TASK DETAILS — Transcribe the data that follows. Match it character for character.

• • •

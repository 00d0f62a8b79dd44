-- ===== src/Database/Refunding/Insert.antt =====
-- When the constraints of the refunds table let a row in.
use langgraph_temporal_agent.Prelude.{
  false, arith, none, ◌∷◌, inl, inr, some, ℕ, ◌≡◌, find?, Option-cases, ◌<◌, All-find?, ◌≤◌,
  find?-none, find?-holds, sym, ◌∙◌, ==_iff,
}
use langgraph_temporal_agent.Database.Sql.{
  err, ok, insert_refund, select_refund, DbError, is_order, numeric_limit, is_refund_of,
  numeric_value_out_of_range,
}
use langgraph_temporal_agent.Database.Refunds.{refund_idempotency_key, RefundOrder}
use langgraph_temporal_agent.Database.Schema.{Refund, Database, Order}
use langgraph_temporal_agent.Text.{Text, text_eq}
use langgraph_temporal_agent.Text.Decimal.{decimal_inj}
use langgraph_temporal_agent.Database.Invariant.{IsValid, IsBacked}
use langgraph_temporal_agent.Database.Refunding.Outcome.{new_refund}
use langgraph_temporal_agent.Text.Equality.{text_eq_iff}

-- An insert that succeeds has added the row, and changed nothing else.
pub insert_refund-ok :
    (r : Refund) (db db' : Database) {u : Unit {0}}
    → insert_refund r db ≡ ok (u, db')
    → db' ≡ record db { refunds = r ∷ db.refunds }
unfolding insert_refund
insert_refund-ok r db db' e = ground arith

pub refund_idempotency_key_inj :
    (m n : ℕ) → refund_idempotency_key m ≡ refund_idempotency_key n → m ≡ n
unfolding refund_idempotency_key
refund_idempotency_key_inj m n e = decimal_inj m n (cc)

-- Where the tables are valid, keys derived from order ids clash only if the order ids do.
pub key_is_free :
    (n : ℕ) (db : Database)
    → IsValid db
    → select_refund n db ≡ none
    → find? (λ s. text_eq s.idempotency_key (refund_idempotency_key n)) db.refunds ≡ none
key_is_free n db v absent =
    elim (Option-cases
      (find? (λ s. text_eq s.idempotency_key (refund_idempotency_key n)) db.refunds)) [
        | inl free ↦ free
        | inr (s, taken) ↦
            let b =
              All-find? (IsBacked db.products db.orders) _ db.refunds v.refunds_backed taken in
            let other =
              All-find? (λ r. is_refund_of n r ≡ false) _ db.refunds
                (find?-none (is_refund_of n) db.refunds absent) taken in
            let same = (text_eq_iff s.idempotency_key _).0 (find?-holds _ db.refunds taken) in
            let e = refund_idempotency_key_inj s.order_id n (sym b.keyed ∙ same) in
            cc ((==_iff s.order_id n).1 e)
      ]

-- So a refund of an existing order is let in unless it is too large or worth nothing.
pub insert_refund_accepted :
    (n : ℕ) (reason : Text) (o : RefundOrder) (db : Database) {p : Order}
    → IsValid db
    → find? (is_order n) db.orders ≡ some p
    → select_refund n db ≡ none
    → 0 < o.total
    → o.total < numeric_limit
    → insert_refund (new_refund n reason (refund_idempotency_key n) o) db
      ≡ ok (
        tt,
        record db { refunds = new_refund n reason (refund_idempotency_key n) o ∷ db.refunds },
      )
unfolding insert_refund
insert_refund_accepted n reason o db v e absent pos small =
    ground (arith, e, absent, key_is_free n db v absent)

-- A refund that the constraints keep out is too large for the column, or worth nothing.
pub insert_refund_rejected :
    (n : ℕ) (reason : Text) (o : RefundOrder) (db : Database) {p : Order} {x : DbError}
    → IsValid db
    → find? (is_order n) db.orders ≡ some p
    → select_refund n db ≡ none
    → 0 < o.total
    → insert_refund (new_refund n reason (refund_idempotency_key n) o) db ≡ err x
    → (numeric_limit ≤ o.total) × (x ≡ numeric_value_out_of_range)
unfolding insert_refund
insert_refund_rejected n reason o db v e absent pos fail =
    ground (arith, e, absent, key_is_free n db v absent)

• • •

WRITTEN SOLUTION —
repository 00d0f62a8b79dd44
-- ===== src/Database/Refunding/Insert.antt =====
-- When the constraints of the refunds table let a row in.
use langgraph_temporal_agent.Prelude.{
  false, arith, none, ◌∷◌, inl, inr, some, ℕ, ◌≡◌, find?, Option-cases, ◌<◌, All-find?, ◌≤◌,
  find?-none, find?-holds, sym, ◌∙◌, ==_iff,
}
use langgraph_temporal_agent.Database.Sql.{
  err, ok, insert_refund, select_refund, DbError, is_order, numeric_limit, is_refund_of,
  numeric_value_out_of_range,
}
use langgraph_temporal_agent.Database.Refunds.{refund_idempotency_key, RefundOrder}
use langgraph_temporal_agent.Database.Schema.{Refund, Database, Order}
use langgraph_temporal_agent.Text.{Text, text_eq}
use langgraph_temporal_agent.Text.Decimal.{decimal_inj}
use langgraph_temporal_agent.Database.Invariant.{IsValid, IsBacked}
use langgraph_temporal_agent.Database.Refunding.Outcome.{new_refund}
use langgraph_temporal_agent.Text.Equality.{text_eq_iff}

-- An insert that succeeds has added the row, and changed nothing else.
pub insert_refund-ok :
    (r : Refund) (db db' : Database) {u : Unit {0}}
    → insert_refund r db ≡ ok (u, db')
    → db' ≡ record db { refunds = r ∷ db.refunds }
unfolding insert_refund
insert_refund-ok r db db' e = ground arith

pub refund_idempotency_key_inj :
    (m n : ℕ) → refund_idempotency_key m ≡ refund_idempotency_key n → m ≡ n
unfolding refund_idempotency_key
refund_idempotency_key_inj m n e = decimal_inj m n (cc)

-- Where the tables are valid, keys derived from order ids clash only if the order ids do.
pub key_is_free :
    (n : ℕ) (db : Database)
    → IsValid db
    → select_refund n db ≡ none
    → find? (λ s. text_eq s.idempotency_key (refund_idempotency_key n)) db.refunds ≡ none
key_is_free n db v absent =
    elim (Option-cases
      (find? (λ s. text_eq s.idempotency_key (refund_idempotency_key n)) db.refunds)) [
        | inl free ↦ free
        | inr (s, taken) ↦
            let b =
              All-find? (IsBacked db.products db.orders) _ db.refunds v.refunds_backed taken in
            let other =
              All-find? (λ r. is_refund_of n r ≡ false) _ db.refunds
                (find?-none (is_refund_of n) db.refunds absent) taken in
            let same = (text_eq_iff s.idempotency_key _).0 (find?-holds _ db.refunds taken) in
            let e = refund_idempotency_key_inj s.order_id n (sym b.keyed ∙ same) in
            cc ((==_iff s.order_id n).1 e)
      ]

-- So a refund of an existing order is let in unless it is too large or worth nothing.
pub insert_refund_accepted :
    (n : ℕ) (reason : Text) (o : RefundOrder) (db : Database) {p : Order}
    → IsValid db
    → find? (is_order n) db.orders ≡ some p
    → select_refund n db ≡ none
    → 0 < o.total
    → o.total < numeric_limit
    → insert_refund (new_refund n reason (refund_idempotency_key n) o) db
      ≡ ok (
        tt,
        record db { refunds = new_refund n reason (refund_idempotency_key n) o ∷ db.refunds },
      )
unfolding insert_refund
insert_refund_accepted n reason o db v e absent pos small =
    ground (arith, e, absent, key_is_free n db v absent)

-- A refund that the constraints keep out is too large for the column, or worth nothing.
pub insert_refund_rejected :
    (n : ℕ) (reason : Text) (o : RefundOrder) (db : Database) {p : Order} {x : DbError}
    → IsValid db
    → find? (is_order n) db.orders ≡ some p
    → select_refund n db ≡ none
    → 0 < o.total
    → insert_refund (new_refund n reason (refund_idempotency_key n) o) db ≡ err x
    → (numeric_limit ≤ o.total) × (x ≡ numeric_value_out_of_range)
unfolding insert_refund
insert_refund_rejected n reason o db v e absent pos fail =
    ground (arith, e, absent, key_is_free n db v absent)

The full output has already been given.